We solve the resulting system of equations by any method (for example substitution method or ) and obtain formulas for finding coefficients using the least squares method (LSM).

With data a and b function takes the smallest value. The proof of this fact is given.

That's the whole method of least squares. Formula for finding the parameter a contains the sums , , , and the parameter n- amount of experimental data. The values ​​of these sums are recommended to be calculated separately. Coefficient b found after calculation a.

It's time to remember the original example.

Decision.

In our example n=5. We fill in the table for the convenience of calculating the amounts that are included in the formulas of the required coefficients.

The values ​​in the fourth row of the table are obtained by multiplying the values ​​of the 2nd row by the values ​​of the 3rd row for each number i.

The values ​​in the fifth row of the table are obtained by squaring the values ​​of the 2nd row for each number i.

The values ​​of the last column of the table are the sums of the values ​​across the rows.

We use the formulas of the least squares method to find the coefficients a and b. We substitute in them the corresponding values ​​from the last column of the table:

Hence, y=0.165x+2.184 is the desired approximating straight line.

It remains to find out which of the lines y=0.165x+2.184 or better approximates the original data, i.e. to make an estimate using the least squares method.

Estimation of the error of the method of least squares.

To do this, you need to calculate the sums of squared deviations of the original data from these lines and , a smaller value corresponds to a line that better approximates the original data in terms of the least squares method.
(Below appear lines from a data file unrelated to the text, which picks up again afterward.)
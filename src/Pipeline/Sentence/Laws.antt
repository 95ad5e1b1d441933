-- ===== src/Pipeline/Sentence/Laws.antt =====
-- Aggregation loses and reorders nothing, and what it emits is a sentence.
use athena_voice.Base.{
  All, ◌<◌, ◌≡◌, refl, ap, sym, ◌∙◌, ◌⊎◌, inl, inr, true, false, Option, none, some, List, [], ◌∷◌,
  ◌++◌, append-nil, append_assoc, arith, Bool-cases,
}
use athena_voice.Text.{Text, utf8_len, trim, is_empty as text_is_empty, concat}
use athena_voice.Text.Solid.{solid, solid-nil, solid-append, solid-trim}
use athena_voice.Text.Trim.{StartsSolid, EndsSolid, trim-solid}
use athena_voice.Pipeline.Sentence.{
  SentenceBuffer, new, ends_sentence, completes, push, some_unless_empty, take,
}

-- The text of an optional sentence.
abbrev pub said : Option Text → Text
said none = []
said (some s) = s

pub solid-push :
    (b : SentenceBuffer) (token : Text)
    → let (b', out) = push b token in solid (said out) ++ solid b'.buf ≡ solid b.buf ++ solid token
unfolding push
solid-push b token = elim (Bool-cases (completes (b.buf ++ token))) [
  | inl full ↦
      simp (full, solid-nil)
        (append-nil (solid (trim (b.buf ++ token)))
          ∙ solid-trim (b.buf ++ token)
          ∙ solid-append b.buf token)
  | inr partial ↦ simp (partial, solid-nil) (solid-append b.buf token)
]

pub solid-take : (b : SentenceBuffer) → solid (said (take b).1) ≡ solid b.buf
unfolding take
solid-take b = said_some (trim b.buf) ∙ solid-trim b.buf
  where
    said_some : (t : Text) → solid (said (some_unless_empty t)) ≡ solid t
    said_some [] = refl
    said_some (c ∷ t) = refl

pub take_empties : (b : SentenceBuffer) → (take b).0.buf ≡ []
unfolding take
take_empties b = refl

pub solid-take_rest :
    (b : SentenceBuffer) → solid (said (take b).1) ++ solid (take b).0.buf ≡ solid b.buf
unfolding take
solid-take_rest b =
    rw solid-nil (append-nil (solid (said (some_unless_empty (trim b.buf)))) ∙ solid-take b)

-- The sentences of an answer: those that come out of its tokens on the way, and the one that `take` drains
-- at its end.
abbrev pub cons_said : Option Text → List Text → List Text
cons_said none rest = rest
cons_said (some s) rest = s ∷ rest

unfoldable pub sentences : SentenceBuffer → List Text → List Text
sentences b [] = cons_said (take b).1 []
sentences b (token ∷ tokens) = cons_said (push b token).1 (sentences (push b token).0 tokens)

solid-cons_said :
    (o : Option Text) (rest : List Text)
    → solid (concat (cons_said o rest)) ≡ solid (said o) ++ solid (concat rest)
solid-cons_said none rest = rw solid-nil refl
solid-cons_said (some s) rest = solid-append s (concat rest)

sentences_from :
    (b : SentenceBuffer) (tokens : List Text)
    → solid (concat (sentences b tokens)) ≡ solid b.buf ++ solid (concat tokens)
unfolding sentences
sentences_from b [] = solid-cons_said (take b).1 [] ∙ rw (solid-take, solid-nil) refl
sentences_from b (token ∷ tokens) =
    let b' = (push b token).0 in
    solid-cons_said (push b token).1 (sentences b' tokens)
    ∙ rw (sentences_from b' tokens) (
        sym (append_assoc (solid (said (push b token).1)) (solid b'.buf) (solid (concat tokens)))
        ∙ ap (λ t. t ++ solid (concat tokens)) (solid-push b token)
        ∙ append_assoc (solid b.buf) (solid token) (solid (concat tokens))
        ∙ ap (λ t. solid b.buf ++ t) (sym (solid-append token (concat tokens))))

-- Aggregation speaks everything once and in order: the sentences of an answer, put together, have exactly
-- the characters of its tokens, up to white space.
pub sentences_complete :
    (tokens : List Text) → solid (concat (sentences new tokens)) ≡ solid (concat tokens)
unfolding new
sentences_complete tokens = sentences_from (record { buf = [] }) tokens ∙ rw solid-nil refl

-- A sentence worth speaking: not empty, and with no white space at its ends.
pub record IsSentence (t : Text) : Type 0 where
  pub nonempty : text_is_empty t ≡ false
  pub starts : StartsSolid t
  pub ends : EndsSolid t

abbrev SaysSentence : Option Text → Type 0
SaysSentence none = Unit
SaysSentence (some s) = IsSentence s

trim-IsSentence : (t : Text) → text_is_empty (trim t) ≡ false → IsSentence (trim t)
trim-IsSentence t h = record { nonempty = h; starts = (trim-solid t).0; ends = (trim-solid t).1 }

push-SaysSentence : (b : SentenceBuffer) (token : Text) → SaysSentence (push b token).1
unfolding push completes
push-SaysSentence b token = elim (Bool-cases (completes (b.buf ++ token))) [
  | inr partial ↦ rw partial tt
  | inl full ↦ rw full (trim-IsSentence (b.buf ++ token) (ground arith))
]

take-SaysSentence : (b : SentenceBuffer) → SaysSentence (take b).1
unfolding take
take-SaysSentence b = says (trim b.buf) (trim-solid b.buf)
  where
    says : (t : Text) → StartsSolid t × EndsSolid t → SaysSentence (some_unless_empty t)
    says [] h = tt
    says (c ∷ t) h = record { nonempty = refl; starts = h.0; ends = h.1 }

cons_said-All :
    (o : Option Text) (rest : List Text)
    → SaysSentence o
    → All IsSentence rest
    → All IsSentence (cons_said o rest)
cons_said-All none rest h r = r
cons_said-All (some s) rest h r = (h, r)

-- Whatever the tokens, every sentence that comes out, also the drained one, is worth speaking.
pub sentences-IsSentence :
    (b : SentenceBuffer) (tokens : List Text) → All IsSentence (sentences b tokens)
unfolding sentences
sentences-IsSentence b [] = cons_said-All (take b).1 [] (take-SaysSentence b) tt
sentences-IsSentence b (token ∷ tokens) =
    cons_said-All (push b token).1 (sentences (push b token).0 tokens) (push-SaysSentence b token)
      (sentences-IsSentence (push b token).0 tokens)

-- What may wait in the buffer: white space, or less than 100 bytes that do not end a sentence.
abbrev pub IsPending : SentenceBuffer → Type 0
IsPending b =
    (text_is_empty (trim b.buf) ≡ true) ⊎ ((utf8_len b.buf < 100) × (ends_sentence b.buf ≡ false))

pub run_pushes : SentenceBuffer → List Text → SentenceBuffer
run_pushes b [] = b
run_pushes b (token ∷ tokens) = run_pushes (push b token).0 tokens

trim-nil : text_is_empty (trim []) ≡ true
unfolding trim
trim-nil = refl

push-IsPending : (b : SentenceBuffer) (token : Text) → IsPending (push b token).0
unfolding push completes
push-IsPending b token = elim (Bool-cases (completes (b.buf ++ token))) [
  | inl full ↦ rw full (inl trim-nil)
  | inr partial ↦ rw partial (ground arith)
]

run_pushes_from :
    (b : SentenceBuffer) (tokens : List Text) → IsPending b → IsPending (run_pushes b tokens)
unfolding run_pushes
run_pushes_from b [] h = h
run_pushes_from b (token ∷ tokens) h =
    run_pushes_from (push b token).0 tokens (push-IsPending b token)

-- No finished sentence and no long text is held back: after any tokens, what waits in the buffer is white
-- space, or shorter than 100 bytes and without the end of a sentence.
pub run_pushes-IsPending : (tokens : List Text) → IsPending (run_pushes new tokens)
unfolding run_pushes new
run_pushes-IsPending tokens = run_pushes_from (record { buf = [] }) tokens (inl trim-nil)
Since , then the line y=0.165x+2.184 approximates the original data better.

Graphic illustration of the least squares method (LSM).

Everything looks great on the charts. The red line is the found line y=0.165x+2.184, the blue line is , the pink dots are the original data.

What is it for, what are all these approximations for?

I personally use to solve data smoothing problems, interpolation and extrapolation problems (in the original example, you could be asked to find the value of the observed value y at x=3 or when x=6 according to the MNC method). But we will talk more about this later in another section of the site.

Proof.

So that when found a and b function takes the smallest value, it is necessary that at this point the matrix of the quadratic form of the second-order differential for the function was positive definite. Let's show it.

The second order differential has the form:

I.e

Therefore, the matrix of the quadratic form has the form

and the values ​​of the elements do not depend on a and b.

Let us show that the matrix is ​​positive definite. This requires that the angle minors be positive.

Angular minor of the first order . The inequality is strict, since the points do not coincide. This will be implied in what follows.

Angular minor of the second order

Let's prove that by the method of mathematical induction .

Conclusion: found values a and b correspond to the smallest value of the function , therefore, are the desired parameters for the least squares method.